For the Reasoning subtest, every item — whether hand-authored, generated, or edited — is verified against a formal logic solver before it can be served. The solver confirms that exactly one answer option is entailed by the premises, that the distractors are plausible but not provable, and that no unintended inference path leads to a distractor. This verification is automated and runs as part of the item pipeline, not as a manual review step.

Item retirement

Items are retired from active service when any of the following conditions are met:

  • The item’s discrimination parameter falls below a minimum threshold, indicating that it no longer separates Fellows effectively.
  • The item’s difficulty parameter has drifted significantly from its calibrated value, indicating that the Fellow population’s relationship to the item has changed — often because the item’s content has become more widely known.
  • DIF screening flags the item and review determines that revision is not feasible.
  • The item’s exposure count exceeds the cap, indicating that it has been served too many times and may be compromised by memorization or sharing.

Retired items are removed from the active pool but retained in the database for historical analysis and parameter research.

Annual recalibration

Once per year, the full item bank undergoes a recalibration cycle. All item parameters are re-estimated from the accumulated response data. Items whose parameters have shifted significantly are flagged for review. The composite weighting is evaluated against subscale correlation data. The confidence interval methodology is audited. The results are published in an updated version of this document.

Recalibration does not retroactively change any Fellow’s historical Standing Δ. Past scores are locked at the values computed at the time of the sitting. Recalibration ensures that future measurements remain accurate as the item bank and Fellow population evolve.

Glossary

3PL (Three-Parameter Logistic model)
The statistical model used to describe the relationship between a Fellow’s ability and the probability of answering an item correctly.

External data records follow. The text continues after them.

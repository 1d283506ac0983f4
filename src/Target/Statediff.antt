-- ===== src/Target/Statediff.antt =====
-- What _target.py takes from `cocoindex.connectorkits.statediff`.
use cogindex.Base.{List, ◌∷◌, Bool, true, false, ◌≡◌, ◌≢◌, Option, none, some, all, ◌==◌}
use cogindex.Records.{DocumentRecord, record_eq}

pub data DiffAction : Type 0 where
  insert upsert replace delete : DiffAction

-- `statediff.diff` on a live desired record, the possible previous records, and whether the
-- previous state may be missing.
abbrev pub Diff : Type 0
Diff = DocumentRecord → List DocumentRecord → Bool → Option DiffAction

abbrev pub all_equal : DocumentRecord → List DocumentRecord → Bool
all_equal desired = all (λ r. r == desired)

-- The documented behaviour: nothing to do means that the previous state is certain and is the
-- desired one; a certain record that is the desired one leaves nothing to do; and a certain
-- record never leads to a creation.
pub record IsDiff (diff : Diff) : Type 0 where
  pub settled :
      (d : DocumentRecord) (prev : List DocumentRecord) (missing : Bool)
      → diff d prev missing ≡ none
      → (missing ≡ false) × (all_equal d prev ≡ true)
  pub quiet :
      (d r : DocumentRecord) (prev : List DocumentRecord)
      → all_equal d (r ∷ prev) ≡ true
      → diff d (r ∷ prev) false ≡ none
  pub no_insert :
      (d r : DocumentRecord) (prev : List DocumentRecord)
      → diff d (r ∷ prev) false ≢ some DiffAction.insert
  pub no_upsert :
      (d r : DocumentRecord) (prev : List DocumentRecord)
      → diff d (r ∷ prev) false ≢ some DiffAction.upsert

The three parameters are difficulty, discrimination, and guessability.
CAT (Computerized Adaptive Testing)
A testing methodology in which the next item is selected in real time based on the Fellow’s performance so far, maximizing the statistical information gained from each item.
Confidence interval
A range around a point estimate within which the true value is estimated to lie with a stated probability.
DIF (Differential Item Functioning)
A statistical test that identifies items whose difficulty varies across demographic groups after controlling for ability.
EAP (Expected A Posteriori)
The estimation method used to compute ability from response patterns. Integrates over a prior distribution rather than relying on point estimates.
IRT (Item Response Theory)
The branch of psychometrics concerned with modelling the relationship between latent ability and item responses. The mathematical foundation of the Diagnostic’s scoring.
Standing Δ
The Fellow’s official composite score, updated only at monthly Diagnostic sittings.
Working Δ
A projection of the Fellow’s next expected Standing Δ, updated with every scored practice Examination. Not used in official rankings or profiles.

Δ is an institution-internal score. It measures a Fellow’s performance on this institution’s assessments relative to other Fellows. It is not an IQ test, not a medical assessment, and not a diagnosis. It is a training benchmark, like a 1-rep max or a recital program.